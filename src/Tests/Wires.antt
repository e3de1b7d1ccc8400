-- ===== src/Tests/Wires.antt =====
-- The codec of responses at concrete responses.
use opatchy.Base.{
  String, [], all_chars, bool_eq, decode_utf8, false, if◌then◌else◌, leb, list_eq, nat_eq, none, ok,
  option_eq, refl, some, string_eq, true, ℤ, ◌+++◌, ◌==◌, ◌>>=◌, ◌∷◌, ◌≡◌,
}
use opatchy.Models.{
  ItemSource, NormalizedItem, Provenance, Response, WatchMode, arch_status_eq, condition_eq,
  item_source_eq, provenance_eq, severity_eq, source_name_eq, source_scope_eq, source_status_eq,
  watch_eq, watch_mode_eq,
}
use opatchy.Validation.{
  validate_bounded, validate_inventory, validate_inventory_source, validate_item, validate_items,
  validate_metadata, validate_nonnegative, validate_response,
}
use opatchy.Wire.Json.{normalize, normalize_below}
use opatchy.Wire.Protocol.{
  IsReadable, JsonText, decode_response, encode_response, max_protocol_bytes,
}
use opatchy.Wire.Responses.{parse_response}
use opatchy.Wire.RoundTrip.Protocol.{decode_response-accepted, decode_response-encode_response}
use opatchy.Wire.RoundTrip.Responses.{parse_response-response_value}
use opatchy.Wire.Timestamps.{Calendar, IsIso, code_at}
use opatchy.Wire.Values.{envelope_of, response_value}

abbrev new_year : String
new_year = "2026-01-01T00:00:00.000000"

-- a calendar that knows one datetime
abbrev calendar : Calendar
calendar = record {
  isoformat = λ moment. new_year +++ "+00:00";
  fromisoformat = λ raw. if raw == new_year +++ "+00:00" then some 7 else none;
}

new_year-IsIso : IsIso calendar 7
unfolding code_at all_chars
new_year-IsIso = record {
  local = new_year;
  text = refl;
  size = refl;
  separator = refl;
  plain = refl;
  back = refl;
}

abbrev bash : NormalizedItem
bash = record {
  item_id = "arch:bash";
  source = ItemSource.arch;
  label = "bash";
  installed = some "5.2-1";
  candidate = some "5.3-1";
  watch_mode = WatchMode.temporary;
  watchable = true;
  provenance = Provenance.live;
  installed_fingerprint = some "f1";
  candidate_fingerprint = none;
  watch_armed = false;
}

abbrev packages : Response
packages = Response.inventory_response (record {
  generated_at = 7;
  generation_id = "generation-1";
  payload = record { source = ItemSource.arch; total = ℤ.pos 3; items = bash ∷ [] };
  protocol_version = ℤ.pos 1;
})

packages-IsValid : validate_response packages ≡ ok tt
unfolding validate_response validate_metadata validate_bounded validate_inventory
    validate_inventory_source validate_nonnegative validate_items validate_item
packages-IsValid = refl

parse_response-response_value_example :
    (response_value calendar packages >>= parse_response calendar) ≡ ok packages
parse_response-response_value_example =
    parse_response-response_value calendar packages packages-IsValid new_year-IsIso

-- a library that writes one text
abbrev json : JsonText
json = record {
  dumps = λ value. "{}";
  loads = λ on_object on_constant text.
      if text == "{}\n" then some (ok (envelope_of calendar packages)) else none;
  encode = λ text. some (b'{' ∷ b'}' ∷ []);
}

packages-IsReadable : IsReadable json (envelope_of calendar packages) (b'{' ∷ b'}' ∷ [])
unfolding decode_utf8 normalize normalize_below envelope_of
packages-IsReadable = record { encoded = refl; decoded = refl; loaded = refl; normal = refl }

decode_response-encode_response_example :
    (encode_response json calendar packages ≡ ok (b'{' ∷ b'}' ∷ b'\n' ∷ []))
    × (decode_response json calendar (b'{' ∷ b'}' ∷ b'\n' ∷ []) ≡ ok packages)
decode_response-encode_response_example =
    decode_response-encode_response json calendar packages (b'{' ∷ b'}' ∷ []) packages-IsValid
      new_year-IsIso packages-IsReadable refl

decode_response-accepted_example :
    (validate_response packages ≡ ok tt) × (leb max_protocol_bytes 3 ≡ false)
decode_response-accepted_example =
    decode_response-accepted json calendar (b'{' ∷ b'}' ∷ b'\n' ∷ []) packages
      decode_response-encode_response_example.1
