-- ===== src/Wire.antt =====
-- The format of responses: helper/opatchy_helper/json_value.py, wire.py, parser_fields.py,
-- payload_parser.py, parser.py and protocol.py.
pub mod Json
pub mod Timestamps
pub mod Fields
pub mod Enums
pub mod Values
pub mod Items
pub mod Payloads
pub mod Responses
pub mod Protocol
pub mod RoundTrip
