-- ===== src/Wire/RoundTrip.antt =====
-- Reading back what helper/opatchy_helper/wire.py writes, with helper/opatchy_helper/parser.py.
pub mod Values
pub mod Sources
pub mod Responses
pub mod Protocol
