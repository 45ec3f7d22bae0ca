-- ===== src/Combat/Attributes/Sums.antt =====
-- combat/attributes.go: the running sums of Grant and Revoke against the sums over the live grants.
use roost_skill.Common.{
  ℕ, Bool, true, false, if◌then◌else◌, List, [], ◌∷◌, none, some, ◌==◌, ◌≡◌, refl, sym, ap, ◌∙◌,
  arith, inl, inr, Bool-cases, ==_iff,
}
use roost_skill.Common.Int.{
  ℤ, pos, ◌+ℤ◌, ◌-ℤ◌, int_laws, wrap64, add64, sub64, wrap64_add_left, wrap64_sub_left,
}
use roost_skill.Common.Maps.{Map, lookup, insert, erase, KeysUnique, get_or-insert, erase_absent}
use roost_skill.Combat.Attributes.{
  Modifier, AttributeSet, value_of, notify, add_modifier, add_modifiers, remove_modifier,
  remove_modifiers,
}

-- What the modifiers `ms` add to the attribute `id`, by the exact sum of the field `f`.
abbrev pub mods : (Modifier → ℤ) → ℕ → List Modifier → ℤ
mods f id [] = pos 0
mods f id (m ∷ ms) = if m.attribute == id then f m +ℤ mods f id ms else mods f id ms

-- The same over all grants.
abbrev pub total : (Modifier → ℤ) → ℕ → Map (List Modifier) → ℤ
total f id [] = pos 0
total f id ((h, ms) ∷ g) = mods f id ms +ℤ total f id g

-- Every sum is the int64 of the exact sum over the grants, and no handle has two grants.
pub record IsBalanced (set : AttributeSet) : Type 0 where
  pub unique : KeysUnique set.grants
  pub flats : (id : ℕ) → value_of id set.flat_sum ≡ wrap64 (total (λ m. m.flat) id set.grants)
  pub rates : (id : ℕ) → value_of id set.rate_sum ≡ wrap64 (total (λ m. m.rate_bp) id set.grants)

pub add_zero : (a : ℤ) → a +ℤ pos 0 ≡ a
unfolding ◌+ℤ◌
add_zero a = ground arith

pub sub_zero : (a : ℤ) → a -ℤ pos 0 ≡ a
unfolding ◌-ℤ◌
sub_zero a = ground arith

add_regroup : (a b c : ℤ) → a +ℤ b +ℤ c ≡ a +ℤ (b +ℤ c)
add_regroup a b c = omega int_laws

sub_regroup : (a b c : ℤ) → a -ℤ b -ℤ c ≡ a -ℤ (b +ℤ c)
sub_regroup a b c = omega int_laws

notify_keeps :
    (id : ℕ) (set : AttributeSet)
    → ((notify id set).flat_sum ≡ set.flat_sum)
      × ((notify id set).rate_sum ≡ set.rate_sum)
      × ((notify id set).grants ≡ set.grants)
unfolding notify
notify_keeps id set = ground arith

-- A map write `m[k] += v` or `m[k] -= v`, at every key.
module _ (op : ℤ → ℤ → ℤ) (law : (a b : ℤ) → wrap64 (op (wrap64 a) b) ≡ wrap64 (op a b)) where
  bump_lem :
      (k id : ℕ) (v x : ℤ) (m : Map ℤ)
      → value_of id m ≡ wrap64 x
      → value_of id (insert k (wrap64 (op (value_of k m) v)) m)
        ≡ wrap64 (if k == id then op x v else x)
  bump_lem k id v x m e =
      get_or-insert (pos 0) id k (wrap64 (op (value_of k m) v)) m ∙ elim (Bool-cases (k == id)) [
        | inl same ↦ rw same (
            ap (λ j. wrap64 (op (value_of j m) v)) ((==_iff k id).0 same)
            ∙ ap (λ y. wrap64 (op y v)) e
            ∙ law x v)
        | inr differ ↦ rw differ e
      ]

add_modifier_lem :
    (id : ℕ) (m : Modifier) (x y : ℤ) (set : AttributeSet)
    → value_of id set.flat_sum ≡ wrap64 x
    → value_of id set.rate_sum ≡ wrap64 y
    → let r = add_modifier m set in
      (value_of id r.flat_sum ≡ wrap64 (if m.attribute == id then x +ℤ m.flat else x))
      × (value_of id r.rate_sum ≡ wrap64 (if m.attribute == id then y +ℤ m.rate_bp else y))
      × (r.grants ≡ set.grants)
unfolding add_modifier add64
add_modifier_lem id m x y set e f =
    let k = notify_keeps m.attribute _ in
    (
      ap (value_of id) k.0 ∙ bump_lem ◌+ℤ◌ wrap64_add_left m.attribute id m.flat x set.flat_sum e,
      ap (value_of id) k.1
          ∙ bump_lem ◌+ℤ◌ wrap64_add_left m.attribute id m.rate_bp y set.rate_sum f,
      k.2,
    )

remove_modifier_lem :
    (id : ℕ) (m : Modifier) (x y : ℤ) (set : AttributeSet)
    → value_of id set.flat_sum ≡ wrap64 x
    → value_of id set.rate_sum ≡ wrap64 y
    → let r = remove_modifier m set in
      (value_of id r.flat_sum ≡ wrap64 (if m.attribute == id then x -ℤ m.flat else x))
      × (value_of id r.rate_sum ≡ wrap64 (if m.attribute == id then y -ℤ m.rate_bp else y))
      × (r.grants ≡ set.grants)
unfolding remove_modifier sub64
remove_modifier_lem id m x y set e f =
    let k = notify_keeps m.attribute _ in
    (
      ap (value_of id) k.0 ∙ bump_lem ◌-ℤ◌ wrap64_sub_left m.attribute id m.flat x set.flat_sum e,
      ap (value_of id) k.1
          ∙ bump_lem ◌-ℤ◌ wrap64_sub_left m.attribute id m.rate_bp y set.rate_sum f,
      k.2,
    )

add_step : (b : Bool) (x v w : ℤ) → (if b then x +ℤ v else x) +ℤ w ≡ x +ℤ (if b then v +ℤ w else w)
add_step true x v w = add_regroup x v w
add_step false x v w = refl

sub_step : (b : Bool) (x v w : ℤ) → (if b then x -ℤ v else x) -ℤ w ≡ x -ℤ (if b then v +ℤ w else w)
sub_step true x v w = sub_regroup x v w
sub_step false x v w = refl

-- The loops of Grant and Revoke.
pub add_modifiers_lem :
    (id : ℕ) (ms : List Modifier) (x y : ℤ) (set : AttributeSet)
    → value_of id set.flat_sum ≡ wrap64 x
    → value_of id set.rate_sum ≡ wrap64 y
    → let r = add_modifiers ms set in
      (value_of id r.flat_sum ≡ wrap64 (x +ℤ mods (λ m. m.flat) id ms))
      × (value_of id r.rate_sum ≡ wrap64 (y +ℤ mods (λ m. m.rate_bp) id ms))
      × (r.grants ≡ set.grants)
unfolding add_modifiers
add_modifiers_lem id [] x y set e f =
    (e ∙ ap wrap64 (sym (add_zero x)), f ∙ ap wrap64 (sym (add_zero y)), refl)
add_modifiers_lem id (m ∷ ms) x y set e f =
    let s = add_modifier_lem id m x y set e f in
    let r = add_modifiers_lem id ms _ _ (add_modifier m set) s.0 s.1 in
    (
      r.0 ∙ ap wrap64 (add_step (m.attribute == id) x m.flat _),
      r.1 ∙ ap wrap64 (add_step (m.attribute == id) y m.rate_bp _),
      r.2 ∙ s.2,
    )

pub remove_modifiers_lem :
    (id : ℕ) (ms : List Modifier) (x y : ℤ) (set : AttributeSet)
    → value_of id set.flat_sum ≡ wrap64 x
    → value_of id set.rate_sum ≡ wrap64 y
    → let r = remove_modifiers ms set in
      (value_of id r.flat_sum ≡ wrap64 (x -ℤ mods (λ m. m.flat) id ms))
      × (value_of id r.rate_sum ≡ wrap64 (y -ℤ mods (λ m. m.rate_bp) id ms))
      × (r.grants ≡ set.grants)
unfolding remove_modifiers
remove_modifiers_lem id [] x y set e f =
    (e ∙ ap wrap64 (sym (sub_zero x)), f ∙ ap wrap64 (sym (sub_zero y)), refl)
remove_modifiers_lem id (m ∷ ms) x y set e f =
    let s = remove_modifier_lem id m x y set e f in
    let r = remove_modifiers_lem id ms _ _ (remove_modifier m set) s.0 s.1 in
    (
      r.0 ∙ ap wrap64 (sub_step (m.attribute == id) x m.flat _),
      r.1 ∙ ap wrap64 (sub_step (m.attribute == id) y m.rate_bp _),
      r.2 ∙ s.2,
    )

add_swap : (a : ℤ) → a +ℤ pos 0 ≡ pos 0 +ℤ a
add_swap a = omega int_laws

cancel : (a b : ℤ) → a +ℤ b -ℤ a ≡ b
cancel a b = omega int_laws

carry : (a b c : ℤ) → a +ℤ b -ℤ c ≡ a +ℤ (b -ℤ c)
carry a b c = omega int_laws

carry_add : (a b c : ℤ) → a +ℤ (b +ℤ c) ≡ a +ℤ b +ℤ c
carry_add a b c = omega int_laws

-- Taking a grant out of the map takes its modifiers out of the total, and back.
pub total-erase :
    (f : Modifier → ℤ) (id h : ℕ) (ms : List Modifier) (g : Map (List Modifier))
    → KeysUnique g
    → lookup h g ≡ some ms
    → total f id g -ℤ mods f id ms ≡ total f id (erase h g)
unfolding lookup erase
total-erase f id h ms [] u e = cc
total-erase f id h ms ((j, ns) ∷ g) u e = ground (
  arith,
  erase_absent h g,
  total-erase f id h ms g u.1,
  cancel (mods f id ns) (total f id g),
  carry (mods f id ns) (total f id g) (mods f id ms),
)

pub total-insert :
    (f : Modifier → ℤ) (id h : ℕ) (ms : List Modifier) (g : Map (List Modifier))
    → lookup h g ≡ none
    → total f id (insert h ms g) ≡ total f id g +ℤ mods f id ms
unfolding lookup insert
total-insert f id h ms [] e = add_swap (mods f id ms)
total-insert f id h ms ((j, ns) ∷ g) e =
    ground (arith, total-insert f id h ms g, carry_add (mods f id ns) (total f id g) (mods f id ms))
* * * * *
▸ **PROBLEM TO SOLVE**: For the listing above, identify each line bearing "Revoke".

▸ **RESPONSE AREA**:
-- combat/attributes.go: the running sums of Grant and Revoke against the sums over the live grants.
-- The loops of Grant and Revoke.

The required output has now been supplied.